Ab dem 1. Juli 2026 gilt für eine alleinstehende Person ohne Unterhaltspflichten ein geschützter Betrag von bis zu 1.589,99 Euro pro Monat. Bis zum 30. Juni 2026 lag dieser praktische Schutzbetrag bei 1.559,99 Euro.

Das Plus beträgt also rund 30 Euro monatlich. Das klingt zunächst nicht viel.
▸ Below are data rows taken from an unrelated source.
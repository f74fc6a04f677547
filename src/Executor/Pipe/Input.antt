-- ===== src/Executor/Pipe/Input.antt =====
-- The way of the request body into the child in `exec_run_pipe` of src/executor.c.
use adb_termux_bridge.Base.{
  ℕ, ◌+◌, ◌≡◌, refl, sym, ap, ◌∙◌, subst, ◌⊎◌, inl, inr, Bool, true, false, not, ◌&&◌, ◌||◌, Option,
  none, some, [], ◌∷◌, ◌++◌, append_assoc, ltb, ◌==◌, if◌then◌else◌, length, take, drop,
  take-append-drop, Bytes,
}
use adb_termux_bridge.Executor.BodyReader.{Reader, br_step}
use adb_termux_bridge.Executor.BodyReader.Core.{core}
use adb_termux_bridge.Executor.Capture.{Status}
use adb_termux_bridge.Executor.Pipe.{
  Polled, poll_failed, interrupted, poll_ready, Wrote, wrote, again, broken, Answers, Loop, Next,
  go_on, leave, ssl_failed, polls_ssl, polls_stdin, read_block, pending_output, after_write,
  write_block, after_stdin, stdin_block, output_block, close_block, wait_block, second_half,
  after_poll, round,
}
use adb_termux_bridge.Ssl.{Ssl, Outcome, done, want_read, want_write, failed}

module _ (ssl : Ssl) (beyond : ℕ → Bytes) (raw : Bool) where
  open ssl use {Session, ssl_write, ssl_pending}

  -- All that was stored of the body: given to the child, or in the buffer for it.
  unfoldable pub stored : Loop Session → Bytes
  stored l = l.child_input ++ l.reader.stdin_buf

  -- The body reader with all that was stored.
  abbrev pub core_of : Loop Session → Reader
  core_of l = core l.child_input l.reader

  -- The body reader is where it was, and the same bytes are stored in the same order.
  unfoldable pub Same : Loop Session → Loop Session → Type 0
  Same l t = core_of t ≡ core_of l

  pub Same-stored : (l t : Loop Session) → Same l t → stored t ≡ stored l
  unfolding Same stored
  Same-stored l t h = ap (λ r. r.stdin_buf) h

  pub Same-state : (l t : Loop Session) → Same l t → t.reader.state ≡ l.reader.state
  unfolding Same
  Same-state l t h = ap (λ r. r.state) h

  if-Same : (b : Bool) (l t u : Loop Session) → Same l t → Same l u → Same l (if b then t else u)
  if-Same true l t u h k = h
  if-Same false l t u h k = k

  after_stdin-Same : (w : Wrote) (l : Loop Session) → Same l (after_stdin ssl beyond raw w l)
  unfolding after_stdin Same
  after_stdin-Same (wrote n) l =
      ap (λ (b : Bytes). record (l.reader) { stdin_buf = b; want_read = false; want_write = false })
        (append_assoc l.child_input (take n l.reader.stdin_buf) (drop n l.reader.stdin_buf)
          ∙ ap (λ t. l.child_input ++ t) (take-append-drop n l.reader.stdin_buf))
  after_stdin-Same again l = refl
  after_stdin-Same broken l = refl

  output_block-Same :
      (is_err : Bool) (read : Option Bytes) (l t : Loop Session)
      → Same l t
      → Same l (output_block ssl beyond raw is_err read t)
  unfolding output_block Same
  output_block-Same is_err none l t h = h
  output_block-Same true (some []) l t h = h
  output_block-Same false (some []) l t h = h
  output_block-Same is_err (some (b ∷ bs)) l t h = h

  pub wait_block-Same :
      (w : Option Status) (l t : Loop Session) → Same l t → Same l (wait_block ssl beyond raw w t)
  unfolding wait_block Same
  wait_block-Same none l t h = h
  wait_block-Same (some status) l t h = if-Same t.child_exited l t _ h h

  close_block-Same : (l t : Loop Session) → Same l t → Same l (close_block ssl beyond raw t)
  unfolding close_block Same
  close_block-Same l t h =
      if-Same (t.reader.body_eof && (length t.reader.stdin_buf == 0 && not t.stdin_closed)) l _ t h
        h

  second_half-Same :
      (polled : Bool) (a : Answers) (l : Loop Session)
      → Same l (second_half ssl beyond raw polled a l)
  unfolding second_half stdin_block
  second_half-Same polled a l =
      let fed = stdin_block ssl beyond raw polled a l in
      let out = if l.stdout_done then fed else output_block ssl beyond raw false a.stdout_in fed in
      let err = if l.stderr_done then out else output_block ssl beyond raw true a.stderr_in out in
      let fed_k : Same l fed =
        if-Same (polls_stdin ssl beyond raw l && (polled && a.stdin_out)) l _ l
          (after_stdin-Same a.write l) (unfold Same in refl) in
      let out_k : Same l out =
        if-Same l.stdout_done l fed _ fed_k (output_block-Same false a.stdout_in l fed fed_k) in
      let err_k : Same l err =
        if-Same l.stderr_done l out _ out_k (output_block-Same true a.stderr_in l out out_k) in
      wait_block-Same a.waited l (close_block ssl beyond raw err) (close_block-Same l err err_k)

  -- The variables behind a round, whether or not it is the last.
  abbrev pub state_of : Next Session → Loop Session
  state_of (go_on t) = t
  state_of (leave t) = t
  state_of (ssl_failed t) = t

  abbrev SameNext : Loop Session → Next Session → Type 0
  SameNext l n = Same l (state_of n)

  after_write-Same :
      (o : Outcome ℕ) (s : Session) (l : Loop Session)
      → SameNext l (after_write ssl beyond raw o s l)
  unfolding after_write Same
  after_write-Same (done n) s l = refl
  after_write-Same want_write s l = refl
  after_write-Same want_read s l = refl
  after_write-Same failed s l = refl

  write_block-Same :
      (polled : Bool) (a : Answers) (l : Loop Session)
      → SameNext l (write_block ssl beyond raw polled a l)
  unfolding write_block
  write_block-Same polled a l =
      go (polled && (a.ssl_out && ltb 0 (length l.out.bytes + l.out.missing)))
    where
      go :
          (b : Bool)
          → SameNext l (
              if b
              then after_write ssl beyond raw
                  (ssl_write l.session (pending_output ssl beyond raw l.out)).0
                  (ssl_write l.session (pending_output ssl beyond raw l.out)).1
                  l
              else go_on l)
      go true = after_write-Same _ _ l
      go false = unfold Same in refl

  -- Behind the read of a round, whatever else it does.
  pub after_poll-Same :
      (a : Answers) (l : Loop Session)
      → Same (read_block ssl beyond raw a l) (state_of (after_poll ssl beyond raw a l))
  unfolding after_poll
  after_poll-Same a l =
      go (write_block ssl beyond raw (polls_ssl ssl beyond raw l) a (read_block ssl beyond raw a l))
        (write_block-Same (polls_ssl ssl beyond raw l) a (read_block ssl beyond raw a l))
    where
      go :
          (r : Next Session)
          → SameNext (read_block ssl beyond raw a l) r
          → Same (read_block ssl beyond raw a l) (
              state_of (elim r as (λ _. Next Session) [
                | go_on t ↦ go_on (second_half ssl beyond raw (polls_stdin ssl beyond raw l) a t)
                | leave t ↦ leave t
                | ssl_failed t ↦ ssl_failed t
              ]))
      go (go_on u) k = unfold Same in (second_half-Same (polls_stdin ssl beyond raw l) a u ∙ k)
      go (leave u) k = k
      go (ssl_failed u) k = k

  read_block-stored :
      (a : Answers) (l : Loop Session)
      → (read_block ssl beyond raw a l ≡ l)
        ⊎ (stored (read_block ssl beyond raw a l)
            ≡ l.child_input ++ (br_step ssl l.reader l.session).0.stdin_buf)
  unfolding read_block stored
  read_block-stored a l =
      go (polls_ssl ssl beyond raw l && (a.ssl_in || ltb 0 (ssl_pending l.session)))
    where
      go :
          (b : Bool)
          → (let o = br_step ssl l.reader l.session in
              let after = if b then record l { reader = o.0; session = o.1 } else l in
              (after ≡ l) ⊎ (stored after ≡ l.child_input ++ o.0.stdin_buf))
      go true = inr refl
      go false = inl refl

  -- A round that goes on loses, repeats and reorders no byte of the body: what the child was given
  -- with what waits for it is afterwards what it was before, or with what the round's one step of the
  -- body reader added.
  pub round-stored :
      (a : Answers) (l t : Loop Session)
      → round ssl beyond raw a l ≡ go_on t
      → (stored t ≡ stored l)
        ⊎ (stored t ≡ l.child_input ++ (br_step ssl l.reader l.session).0.stdin_buf)
  unfolding round Same
  round-stored a l t h =
      go
        (polls_ssl ssl beyond raw l
          || (polls_stdin ssl beyond raw l || (not l.stdout_done || not l.stderr_done)))
        a.poll h
    where
      inj : (x y : Loop Session) → go_on x ≡ go_on y → x ≡ y
      inj x y e = cc

      go :
          (b : Bool) (p : Polled)
          → (if b
              then elim p as (λ _. Next Session) [
                | poll_failed ↦ leave l
                | interrupted ↦ go_on l
                | poll_ready ↦ after_poll ssl beyond raw a l
              ]
              else leave (wait_block ssl beyond raw a.awaited l))
            ≡ go_on t
          → (stored t ≡ stored l)
            ⊎ (stored t ≡ l.child_input ++ (br_step ssl l.reader l.session).0.stdin_buf)
      go false p e = cc
      go true poll_failed e = cc
      go true interrupted e = inl (ap stored (sym (inj l t e)))
      go true poll_ready e =
          let k = Same-stored (read_block ssl beyond raw a l) t (
            subst (λ n. Same (read_block ssl beyond raw a l) (state_of n)) e
              (after_poll-Same a l)) in
          elim (read_block-stored a l) [
            | inl same ↦ inl (k ∙ ap stored same)
            | inr more ↦ inr (k ∙ more)
          ]
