-- ===== src/Executor/Pipe/Delivery.antt =====
-- The whole way of the request body through the loop of `exec_run_pipe` in src/executor.c: from the
-- bytes that SSL_read returns to the child's input.
use adb_termux_bridge.Base.{
  ℕ, ◌≡◌, refl, sym, ap, ◌∙◌, subst, ◌⊎◌, inl, inr, Bool, true, false, not, ◌&&◌, ◌||◌, Option,
  none, some, List, [], ◌∷◌, ◌++◌, append-nil, append_assoc, ltb, if◌then◌else◌, concat, ℤ, Bytes,
}
use adb_termux_bridge.Executor.BodyReader.{br_done, Reader, new_reader, br_step}
use adb_termux_bridge.Executor.BodyReader.Core.{feed-grows, br_reads, br_step-core, read_of}
use adb_termux_bridge.Executor.BodyReader.Feed.{feed, feed-append, feed_nil, asked_in}
use adb_termux_bridge.Executor.BodyReader.RoundTrip.{AreChunks, send_chunks, feed-send_chunks}
use adb_termux_bridge.Executor.Pipe.{
  Polled, poll_failed, interrupted, poll_ready, Answers, Loop, Next, go_on, leave, ssl_failed,
  start_loop, running, polls_ssl, polls_stdin, read_block, after_poll, round, pipe_loop, wait_block,
}
use adb_termux_bridge.Executor.Pipe.Input.{
  stored, core_of, Same, Same-stored, Same-state, state_of, after_poll-Same, wait_block-Same,
}
use adb_termux_bridge.Chunk.{send_chunk_final}
use adb_termux_bridge.Ssl.{Ssl, wire}

module _ (ssl : Ssl) (beyond : ℕ → Bytes) (raw : Bool) where
  open ssl use {Session, ssl_pending}

  -- The bytes that a round reads of the body.
  reads_if : Bool → Loop Session → Bytes
  reads_if true l = br_reads ssl l.reader l.session
  reads_if false l = []

  polled_reads : Polled → Answers → Loop Session → Bytes
  polled_reads poll_failed a l = []
  polled_reads interrupted a l = []
  polled_reads poll_ready a l =
      reads_if (polls_ssl ssl beyond raw l && (a.ssl_in || ltb 0 (ssl_pending l.session))) l

  round_reads : Answers → Loop Session → Bytes
  unfolding polled_reads reads_if
  round_reads a l =
      if polls_ssl ssl beyond raw l
        || (polls_stdin ssl beyond raw l || (not l.stdout_done || not l.stderr_done))
      then polled_reads a.poll a l
      else []

  -- The bytes that the loop reads of the body, in order.
  unfoldable pub pipe_reads : List Answers → Loop Session → Bytes
  unfolding round_reads
  pipe_reads [] l = []
  pipe_reads (a ∷ rest) l = elim (running ssl beyond raw l) [
    | false ↦ []
    | true ↦ round_reads a l ++ (elim (round ssl beyond raw a l) [
      | go_on t ↦ pipe_reads rest t
      | leave t ↦ []
      | ssl_failed t ↦ []
    ])
  ]

  -- From `l` to `t` the body reader was fed `bs`; or it was stopped by an error.
  Step : Loop Session → Bytes → Loop Session → Type 0
  Step l bs t =
      (core_of ssl beyond raw t ≡ feed bs (core_of ssl beyond raw l))
      ⊎ ((t.reader.state ≡ br_done)
          × (stored ssl beyond raw t ≡ stored ssl beyond raw l)
          × (bs ≡ []))

  Step-refl : (l t : Loop Session) → Same ssl beyond raw l t → Step l [] t
  unfolding Step Same
  Step-refl l t h = inl (h ∙ sym (feed_nil _))

  Step-Same :
      (l u t : Loop Session) (bs : Bytes) → Step l bs u → Same ssl beyond raw u t → Step l bs t
  unfolding Step Same
  Step-Same l u t bs (inl fed) h = inl (h ∙ fed)
  Step-Same l u t bs (inr bad) h =
      inr (Same-state ssl beyond raw u t h ∙ bad.0, Same-stored ssl beyond raw u t h ∙ bad.1, bad.2)

  read_block-Step :
      (a : Answers) (l : Loop Session)
      → Step l
          (reads_if (polls_ssl ssl beyond raw l && (a.ssl_in || ltb 0 (ssl_pending l.session))) l)
          (read_block ssl beyond raw a l)
  unfolding read_block reads_if Step stored
  read_block-Step a l =
      go (polls_ssl ssl beyond raw l && (a.ssl_in || ltb 0 (ssl_pending l.session)))
    where
      go :
          (b : Bool)
          → (let o = br_step ssl l.reader l.session in
              Step l (reads_if b l) (if b then record l { reader = o.0; session = o.1 } else l))
      go false = Step-refl l l (unfold Same in refl)
      go true = elim (br_step-core ssl l.child_input l.reader l.session) [
        | inl fed ↦ inl fed
        | inr bad ↦ inr (bad.0.stopped, ap (λ b. l.child_input ++ b) bad.0.same_buffer, bad.1)
      ]

  round-Step :
      (a : Answers) (l : Loop Session)
      → Step l (round_reads a l) (state_of ssl beyond raw (round ssl beyond raw a l))
  unfolding round round_reads polled_reads
  round-Step a l =
      go
        (polls_ssl ssl beyond raw l
          || (polls_stdin ssl beyond raw l || (not l.stdout_done || not l.stderr_done)))
        a.poll
    where
      go :
          (b : Bool) (p : Polled)
          → Step l (if b then polled_reads p a l else []) (
              state_of ssl beyond raw (
                if b
                then elim p as (λ _. Next Session) [
                  | poll_failed ↦ leave l
                  | interrupted ↦ go_on l
                  | poll_ready ↦ after_poll ssl beyond raw a l
                ]
                else leave (wait_block ssl beyond raw a.awaited l)))
      go false p =
          Step-refl l _ (wait_block-Same ssl beyond raw a.awaited l l (unfold Same in refl))
      go true poll_failed = Step-refl l l (unfold Same in refl)
      go true interrupted = Step-refl l l (unfold Same in refl)
      go true poll_ready =
          Step-Same l (read_block ssl beyond raw a l) _ _ (read_block-Step a l)
            (after_poll-Same ssl beyond raw a l)

  -- Behind `bs`, with `r` at the start: the body reader is where `bs` brings it; or it was stopped, and
  -- what was stored is what `bs` gives.
  Fed : Reader → Bytes → Loop Session → Type 0
  Fed r bs l =
      (core_of ssl beyond raw l ≡ feed bs r)
      ⊎ ((l.reader.state ≡ br_done) × (stored ssl beyond raw l ≡ (feed bs r).stdin_buf))

  Fed-stored :
      (r : Reader) (bs : Bytes) (l : Loop Session)
      → Fed r bs l
      → stored ssl beyond raw l ≡ (feed bs r).stdin_buf
  unfolding Fed stored
  Fed-stored r bs l (inl fed) = ap (λ t. t.stdin_buf) fed
  Fed-stored r bs l (inr stopped) = stopped.1

  -- A reader that is done reads nothing.
  done-reads : (l : Loop Session) (b : Bool) → l.reader.state ≡ br_done → reads_if b l ≡ []
  unfolding reads_if br_reads read_of
  done-reads l false h = refl
  done-reads l true h = ap (λ st. read_of ssl (asked_in st l.reader) l.session) h

  round-done : (a : Answers) (l : Loop Session) → l.reader.state ≡ br_done → round_reads a l ≡ []
  unfolding round_reads
  round-done a l h =
      go
        (polls_ssl ssl beyond raw l
          || (polls_stdin ssl beyond raw l || (not l.stdout_done || not l.stderr_done)))
        a.poll
    where
      go : (b : Bool) (p : Polled) → (if b then polled_reads p a l else []) ≡ []
      go false p = refl
      go true poll_failed = unfold polled_reads in refl
      go true interrupted = unfold polled_reads in refl
      go true poll_ready = unfold polled_reads in done-reads l _ h

  Fed-Step :
      (r : Reader) (bs cs : Bytes) (l t : Loop Session)
      → (l.reader.state ≡ br_done → cs ≡ [])
      → Fed r bs l
      → Step l cs t
      → Fed r (bs ++ cs) t
  unfolding Fed Step stored
  Fed-Step r bs cs l t idle (inl fed) (inl more) =
      inl (more ∙ ap (feed cs) fed ∙ sym (feed-append bs cs r))
  Fed-Step r bs cs l t idle (inl fed) (inr bad) = inr (
    bad.0,
    bad.1
        ∙ ap (λ u. u.stdin_buf) fed
        ∙ ap (λ b. (feed b r).stdin_buf) (sym (ap (λ c. bs ++ c) bad.2 ∙ append-nil bs)),
  )
  Fed-Step r bs cs l t idle (inr stopped) (inl more) =
      let none_read = idle stopped.0 in
      let same : core_of ssl beyond raw t ≡ core_of ssl beyond raw l =
        more ∙ ap (λ c. feed c (core_of ssl beyond raw l)) none_read ∙ feed_nil _ in
      inr (
        ap (λ u. u.state) same ∙ stopped.0,
        ap (λ u. u.stdin_buf) same
            ∙ stopped.1
            ∙ ap (λ b. (feed b r).stdin_buf) (sym (ap (λ c. bs ++ c) none_read ∙ append-nil bs)),
      )
  Fed-Step r bs cs l t idle (inr stopped) (inr bad) = inr (
    bad.0,
    bad.1
        ∙ stopped.1
        ∙ ap (λ b. (feed b r).stdin_buf) (sym (ap (λ c. bs ++ c) bad.2 ∙ append-nil bs)),
  )

  abbrev EndFed : Reader → Bytes → Option (Loop Session × Bool) → Type 0
  EndFed r bs none = Unit
  EndFed r bs (some o) = Fed r bs o.0

  Fed-nil : (r : Reader) (bs : Bytes) (l : Loop Session) → Fed r bs l → Fed r (bs ++ []) l
  Fed-nil r bs l h = subst (λ b. Fed r b l) (sym (append-nil bs)) h

  -- What the rest of the loop comes to.
  abbrev Later : Reader → Answers → Loop Session → Bytes → List Answers → Type 0
  Later r a l bs rest =
      (t : Loop Session)
      → Fed r (bs ++ round_reads a l) t
      → EndFed r ((bs ++ round_reads a l) ++ pipe_reads rest t) (pipe_loop ssl beyond raw rest t)

  pipe_loop-Fed :
      (answers : List Answers) (l : Loop Session) (r : Reader) (bs : Bytes)
      → Fed r bs l
      → EndFed r (bs ++ pipe_reads answers l) (pipe_loop ssl beyond raw answers l)
  unfolding pipe_loop pipe_reads
  pipe_loop-Fed [] l r bs h = go (running ssl beyond raw l)
    where
      go : (b : Bool) → EndFed r (bs ++ []) (if b then none else some (l, false))
      go true = tt
      go false = Fed-nil r bs l h
  pipe_loop-Fed (a ∷ rest) l r bs h =
      go (λ t k. pipe_loop-Fed rest t r (bs ++ round_reads a l) k) (running ssl beyond raw l)
    where
      next :
          Later r a l bs rest
          → (n : Next Session) → Fed r (bs ++ round_reads a l) (state_of ssl beyond raw n)
          → EndFed r
              (bs
                ++ (round_reads a l ++ (elim n as (λ _. Bytes) [
                  | go_on t ↦ pipe_reads rest t
                  | leave t ↦ []
                  | ssl_failed t ↦ []
                ])))
              (elim n as (λ _. Option (Loop Session × Bool)) [
                | go_on t ↦ pipe_loop ssl beyond raw rest t
                | leave t ↦ some (t, false)
                | ssl_failed t ↦ some (t, true)
              ])
      next later (go_on t) k =
          subst (λ b. EndFed r b (pipe_loop ssl beyond raw rest t))
            (append_assoc bs (round_reads a l) (pipe_reads rest t)) (later t k)
      next later (leave t) k = subst (λ b. Fed r (bs ++ b) t) (sym (append-nil (round_reads a l))) k
      next later (ssl_failed t) k =
          subst (λ b. Fed r (bs ++ b) t) (sym (append-nil (round_reads a l))) k

      go :
          Later r a l bs rest
          → (b : Bool)
          → EndFed r
              (bs ++ (elim b as (λ _. Bytes) [
                | false ↦ []
                | true ↦ round_reads a l ++ (elim (round ssl beyond raw a l) as (λ _. Bytes) [
                  | go_on t ↦ pipe_reads rest t
                  | leave t ↦ []
                  | ssl_failed t ↦ []
                ])
              ]))
              (elim b as (λ _. Option (Loop Session × Bool)) [
                | false ↦ some (l, false)
                | true ↦ elim (round ssl beyond raw a l) as (λ _. Option (Loop Session × Bool)) [
                  | go_on t ↦ pipe_loop ssl beyond raw rest t
                  | leave t ↦ some (t, false)
                  | ssl_failed t ↦ some (t, true)
                ]
              ])
      go later false = Fed-nil r bs l h
      go later true =
          next later (round ssl beyond raw a l)
            (Fed-Step r bs (round_reads a l) l _ (round-done a l) h (round-Step a l))

  start-Fed :
      (chunked : Bool) (content_length : ℤ) (s : Session)
      → Fed
          (new_reader chunked content_length)
          []
          (start_loop ssl beyond raw chunked content_length s)
  unfolding Fed start_loop feed
  start-Fed chunked content_length s = inl refl

  pub pipe_loop-feed :
      (answers : List Answers) (chunked : Bool) (content_length : ℤ) (s : Session)
      (l : Loop Session) (ssl_error : Bool)
      → (let start = start_loop ssl beyond raw chunked content_length s in
          pipe_loop ssl beyond raw answers start ≡ some (l, ssl_error))
      → l.child_input ++ l.reader.stdin_buf
        ≡ (feed
            (pipe_reads answers (start_loop ssl beyond raw chunked content_length s))
            (new_reader chunked content_length)).stdin_buf
  unfolding stored
  pipe_loop-feed answers chunked content_length s l ssl_error ended =
      let start = start_loop ssl beyond raw chunked content_length s in
      let r = new_reader chunked content_length in
      let fresh : Fed r [] start = start-Fed chunked content_length s in
      let end = pipe_loop-Fed answers start r [] fresh in
      Fed-stored r (pipe_reads answers start) l
        (subst (EndFed r (pipe_reads answers start)) ended end)

  -- If the client puts data on the connection by `send_chunk`, one call for each piece, and
  -- `send_chunk_final`, and the loop reads a front of that before it ends, then the child was given a
  -- front of the data: no byte of the framing, none of the data twice, and none out of its order.
  pub pipe_loop-front :
      (client : Ssl) (sender : client.Session) (ds : List Bytes) (answers : List Answers)
      (content_length : ℤ) (s : Session) (l : Loop Session) (ssl_error : Bool) (unread : Bytes)
      → AreChunks ds
      → (let start = start_loop ssl beyond raw true content_length s in
          pipe_loop ssl beyond raw answers start ≡ some (l, ssl_error))
      → wire
          (send_chunk_final client (send_chunks client ds (record { session = sender; sent = [] })))
        ≡ pipe_reads answers (start_loop ssl beyond raw true content_length s) ++ unread
      → (later : Bytes) × (l.child_input ++ later ≡ concat ds)
  pipe_loop-front client sender ds answers content_length s l ssl_error unread chunks ended
        on_wire =
      let r = new_reader true content_length in
      let read = pipe_reads answers (start_loop ssl beyond raw true content_length s) in
      let whole = (feed-send_chunks client ds sender content_length chunks).0 in
      let given = pipe_loop-feed answers true content_length s l ssl_error ended in
      let (x, more) = feed-grows unread (feed read r) in
      (
        l.reader.stdin_buf ++ x,
        sym (append_assoc l.child_input l.reader.stdin_buf x)
            ∙ ap (λ b. b ++ x) given
            ∙ sym more
            ∙ ap (λ t. t.stdin_buf) (sym (feed-append read unread r))
            ∙ ap (λ b. (feed b r).stdin_buf) (sym on_wire)
            ∙ whole,
      )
Für Haushalte, die ohnehin jeden Euro genau einteilen müssen, kann dieser Betrag aber entscheidend sein – zum Beispiel für Medikamente, Schulbedarf, eine Fahrkarte oder eine Nachzahlung beim Stromanbieter.

Warum die Erhöhung für Schuldner wichtig ist

Das P-Konto löscht keine Schulden und stoppt auch nicht automatisch eine Pfändung. Es schützt aber das Existenzminimum auf dem Konto. Genau das ist im Alltag besonders wichtig, denn laufende Kosten verschwinden nicht, nur weil eine Pfändung vorliegt.

Viele Betroffene müssen trotz Schulden weiterhin Miete zahlen, Lebensmittel kaufen, zur Arbeit fahren oder ihre Kinder versorgen. Wenn das Konto vollständig blockiert wäre, könnten selbst notwendige Zahlungen nicht mehr ausgeführt werden. Das P-Konto verhindert, dass Schuldnerinnen und Schuldner komplett vom Zahlungsverkehr abgeschnitten werden.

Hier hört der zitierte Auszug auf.